1) Le 4 décembre 1948 DALO propose de faire venir à Paris le témoin STENGRITT sous certaines garanties. Proposition acceptée. STENGRITT est entendu par le juge d’instruction le 7 décembre 1948. Il réitère ses déclarations antérieures. Il témoignera au procès Hardy. Plus tard, en dépit des garanties avancées pour sa venue à Paris il sera condamné à mort et gracié au bout de 15 ans de prison.

2) Le 2 février 1950 DALO propose sous certaines conditions d’obtenir des Américains le « prêt » de BARBIE pour venir témoigner au procès HARDY. Le 7 février 1950 cette proposition n’est pas acceptée par le Gouvernement.

3) Le Commissaire BIBES convoqué comme témoin à charge au procès HARDY le lundi 24 avril 1950 sera vivement pris à partie par la Défense de l’inculpé.
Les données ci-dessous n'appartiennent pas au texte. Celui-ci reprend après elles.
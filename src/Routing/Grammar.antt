-- ===== src/Routing/Grammar.antt =====
-- What the patterns of names stand for: words of lower-case letters and how they are joined.
use shared_ts_libs.Base.{
  ◌↔◌, ℕ, suc, Bool, true, ◌≡◌, refl, [], ◌∷◌, ◌++◌, Text, All, append-nil, ap, ◌∙◌, sym, inl, inr,
  ==_iff,
}
use mathlib.Core.Path.{subst}
use shared_ts_libs.Routing.Regex.{
  Regex, one, seq, star, test, Matches, fits_empty, fits_one, fits_seq, fits_left, fits_right,
  fits_none, fits_more, one-text, seq-text, alt-text, empty-text, test_iff,
}
use shared_ts_libs.Routing.Names.{
  is_separator, is_lower, char, plus, optional, words_regex, topic_name_regex, queue_name_regex,
}

-- Lower-case letters, one at least.
pub record IsWord (t : Text) : Type 0 where
  pub head : ℕ
  pub rest : Text
  pub parts : t ≡ head ∷ rest
  pub lower : All (λ c. is_lower c ≡ true) (head ∷ rest)

-- Texts of a kind, one at least, with a code unit between them.
pub data Joined (between : ℕ) (P : Text → Type 0) : Text → Type 0 where
  single : {t : Text} → P t → Joined between P t
  joined : {s t u : Text} → P s → Joined between P t → u ≡ s ++ between ∷ t → Joined between P u

-- Words with underscores between them.
abbrev pub IsWords : Text → Type 0
IsWords = Joined 95 IsWord

-- At most so many groups of words, one at least, with hyphens between them.
pub data IsGroups : ℕ → Text → Type 0 where
  last_group : {n : ℕ} {t : Text} → IsWords t → IsGroups (suc n) t
  next_group :
      {n : ℕ} {s t u : Text} → IsWords s → IsGroups n t → u ≡ s ++ 45 ∷ t → IsGroups (suc n) u

char-text : {c : ℕ} {t : Text} → Matches (char c) t → t ≡ c ∷ []
char-text {c} m = let (d, e, h) = one-text m in e ∙ ap (λ x. x ∷ []) ((==_iff d c).0 h)

fits_char : (c : ℕ) → Matches (char c) (c ∷ [])
fits_char c = fits_one ((==_iff c c).1 refl)

module _ (p : ℕ → Bool) where
  star-All : {t : Text} → Matches (star (one p)) t → All (λ c. p c ≡ true) t
  star-All fits_none = tt
  star-All (fits_more {t = t} m m' e) =
      let (c, single_unit, h) = one-text m in
      subst (λ x. All (λ c. p c ≡ true) x) (sym (e ∙ ap (λ s. s ++ t) single_unit)) (h, star-All m')

  All-star : (t : Text) → All (λ c. p c ≡ true) t → Matches (star (one p)) t
  All-star [] a = fits_none
  All-star (c ∷ t) a = fits_more (fits_one a.0) (All-star t a.1) refl

plus-IsWord : (t : Text) → Matches (plus (one is_lower)) t ↔ IsWord t
plus-IsWord t = (
  λ m.
      let (x, y, a, b, e) = seq-text m in
      let (c, head, h) = one-text a in
      record {
        head = c;
        rest = y;
        parts = e ∙ ap (λ s. s ++ y) head;
        lower = (h, star-All is_lower b);
      },
  λ w. fits_seq (fits_one w.lower.0) (All-star is_lower w.rest w.lower.1) w.parts,
)

module _ (between : ℕ) (r : Regex) (P : Text → Type 0) (part : (t : Text) → Matches r t ↔ P t) where
  star-Joined :
      {t : Text}
      → Matches (star (seq (char between) r)) t
      → (s u : Text) → P s
      → u ≡ s ++ t
      → Joined between P u
  star-Joined fits_none s u p e = subst (Joined between P) (sym (e ∙ append-nil s)) (single p)
  star-Joined (fits_more {t = t} m m' split) s u p e =
      let (x, y, a, b, inner) = seq-text m in
      joined p (star-Joined m' y (y ++ t) ((part y).0 b) refl)
        (e ∙ ap (λ z. s ++ z) (split ∙ ap (λ z. z ++ t) (inner ∙ ap (λ z. z ++ y) (char-text a))))

  Joined-Matches : {u : Text} → Joined between P u → Matches (seq r (star (seq (char between) r))) u
  Joined-Matches (single {t = t} p) = fits_seq ((part t).1 p) fits_none (sym (append-nil t))
  Joined-Matches (joined {s = s} p j e) =
      let (y, z, a, b, split) = seq-text (Joined-Matches j) in
      fits_seq ((part s).1 p) (fits_more (fits_seq (fits_char between) a refl) b refl)
        (e ∙ ap (λ t. s ++ between ∷ t) split)

  Joined_iff : (t : Text) → Matches (seq r (star (seq (char between) r))) t ↔ Joined between P t
  Joined_iff t = (
    λ m. let (x, y, a, b, e) = seq-text m in star-Joined b x t ((part x).0 a) e,
    λ j. Joined-Matches j,
  )

words_regex-IsWords : (t : Text) → Matches words_regex t ↔ IsWords t
words_regex-IsWords = Joined_iff 95 (plus (one is_lower)) IsWord plus-IsWord

-- A separator, and then a text of the kind.
pub record IsSuffix (P : Text → Type 0) (t : Text) : Type 0 where
  pub separator : ℕ
  pub rest : Text
  pub parts : t ≡ separator ∷ rest
  pub separates : is_separator separator ≡ true
  pub fits : P rest

suffix_iff :
    (r : Regex) (P : Text → Type 0)
    → ((t : Text) → Matches r t ↔ P t)
    → (t : Text) → Matches (seq (one is_separator) r) t ↔ IsSuffix P t
suffix_iff r P part t = (
  λ m.
      let (x, y, a, b, e) = seq-text m in
      let (c, head, h) = one-text a in
      record {
        separator = c;
        rest = y;
        parts = e ∙ ap (λ s. s ++ y) head;
        separates = h;
        fits = (part y).0 b;
      },
  λ w. fits_seq (fits_one w.separates) ((part w.rest).1 w.fits) w.parts,
)

IsGroups-Matches :
    {n : ℕ} {r : Regex} {t : Text}
    → ((s : Text) → Matches r s ↔ IsGroups n s)
    → IsGroups (suc n) t
    → Matches (seq words_regex (optional (seq (char 45) r))) t
IsGroups-Matches part (last_group {t = t} w) =
    fits_seq ((words_regex-IsWords t).1 w) (fits_right fits_empty) (sym (append-nil t))
IsGroups-Matches part (next_group {s = s} {t = t} w g e) =
    fits_seq ((words_regex-IsWords s).1 w) (fits_left (fits_seq (fits_char 45) ((part t).1 g) refl))
      e

Matches-IsGroups :
    {n : ℕ} {r : Regex} {t : Text}
    → ((s : Text) → Matches r s ↔ IsGroups n s)
    → Matches (seq words_regex (optional (seq (char 45) r))) t
    → IsGroups (suc n) t
Matches-IsGroups {n} part m =
    let (x, y, a, b, e) = seq-text m in
    elim (alt-text b) [
      | inl more ↦
          let (z, w, hyphen, g, i) = seq-text more in
          next_group ((words_regex-IsWords x).0 a) ((part w).0 g)
            (e ∙ ap (λ q. x ++ q) (i ∙ ap (λ q. q ++ w) (char-text hyphen)))
      | inr over ↦
          subst (λ q. IsGroups (suc n) q)
            (sym (e ∙ ap (λ q. x ++ q) (empty-text over) ∙ append-nil x))
            (last_group ((words_regex-IsWords x).0 a))
    ]

not-IsGroups : {t : Text} → ¬ IsGroups 0 t
not-IsGroups g = elim g [ ]

IsGroups-IsWords : {t : Text} → IsGroups 1 t → IsWords t
IsGroups-IsWords (last_group w) = w
IsGroups-IsWords (next_group w g e) = absurd (not-IsGroups g)

one_group_iff : (t : Text) → Matches words_regex t ↔ IsGroups 1 t
one_group_iff t = (
  λ m. last_group ((words_regex-IsWords t).0 m),
  λ g. (words_regex-IsWords t).1 (IsGroups-IsWords g),
)

-- A group of words, and what may follow it after a hyphen.
hyphenated_iff :
    (n : ℕ) (r : Regex)
    → ((t : Text) → Matches r t ↔ IsGroups n t)
    → (t : Text) → Matches (seq words_regex (optional (seq (char 45) r))) t ↔ IsGroups (suc n) t
hyphenated_iff n r part t = (λ m. Matches-IsGroups part m, λ g. IsGroups-Matches part g)

-- After the project, a topic's name has a hyphen or an underscore and words with underscores between them.
pub topic_name_regex_iff : (t : Text) → (test topic_name_regex t ≡ true) ↔ IsSuffix IsWords t
unfolding topic_name_regex
topic_name_regex_iff t =
    let (from, to) = test_iff topic_name_regex t in
    let (read, write) = suffix_iff words_regex IsWords words_regex-IsWords t in
    (λ h. read (from h), λ w. to (write w))

-- After the project, a queue's name has a hyphen or an underscore and at most three groups of such
-- words, with hyphens between them.
pub queue_name_regex_iff : (t : Text) → (test queue_name_regex t ≡ true) ↔ IsSuffix (IsGroups 3) t
unfolding queue_name_regex
queue_name_regex_iff t =
    let two = hyphenated_iff 1 words_regex one_group_iff in
    let three = hyphenated_iff 2 _ two in
    let (from, to) = test_iff queue_name_regex t in
    let (read, write) = suffix_iff _ (IsGroups 3) three t in (λ h. read (from h), λ w. to (write w))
Insulté, ridiculisé pour n’avoir pas « enlevé » BARBIE il rentrera à WILDBAD écoeuré. Il quittera les Services pour s’installer définitivement en Allemagne où il est récemment décédé.

* * Le 9 mai 1950 René HARDY était une nouvelle fois acquitté à la minorité de faveur par le Tribunal Militaire de Paris… « S’il reste un millième de doute en sa faveur, il faut que vous l’acquittiez »… avait adjuré le témoin Claudius PETIT. BARBIE, réclamé à corps et à cris par l’opinion autant que par les autorités françaises, restait, imperturbable, sous l’identité de Klaus ALTMANN, au service et sous la protection des U.S.A. Le 22 mars 1951, accompagné de son épouse, il quitte GENES avec la bénédiction du C.I.C. Le 23 avril 1951 il arrive à LA PAZ. On connaît la suite.

Peut-être et ce sera ma conclusion, pouvait-on faire l’économie d’un procès coûteux qui risque d’éclabousser la Résistance, de passionner sinon d’irriter et diviser les Français. Il ne nous apprendra, en définitive, que quelques horreurs supplémentaires sur le comportement des nazis. Une mesure D aurait, sans nul doute, fait justice à meilleurs frais Mais, puisque désormais cette affaire BARBIE est placée sur un plan légal, je ne peux m’empêcher de me souvenir que les Chefs de ce misérable, OBERG & KNOCHEN, condamnés à mort à PARIS, ont été graciés et libérés…

Il est décidément bien difficile de rendre, quarante-trois ans plus tard, une justice équitable et sereine.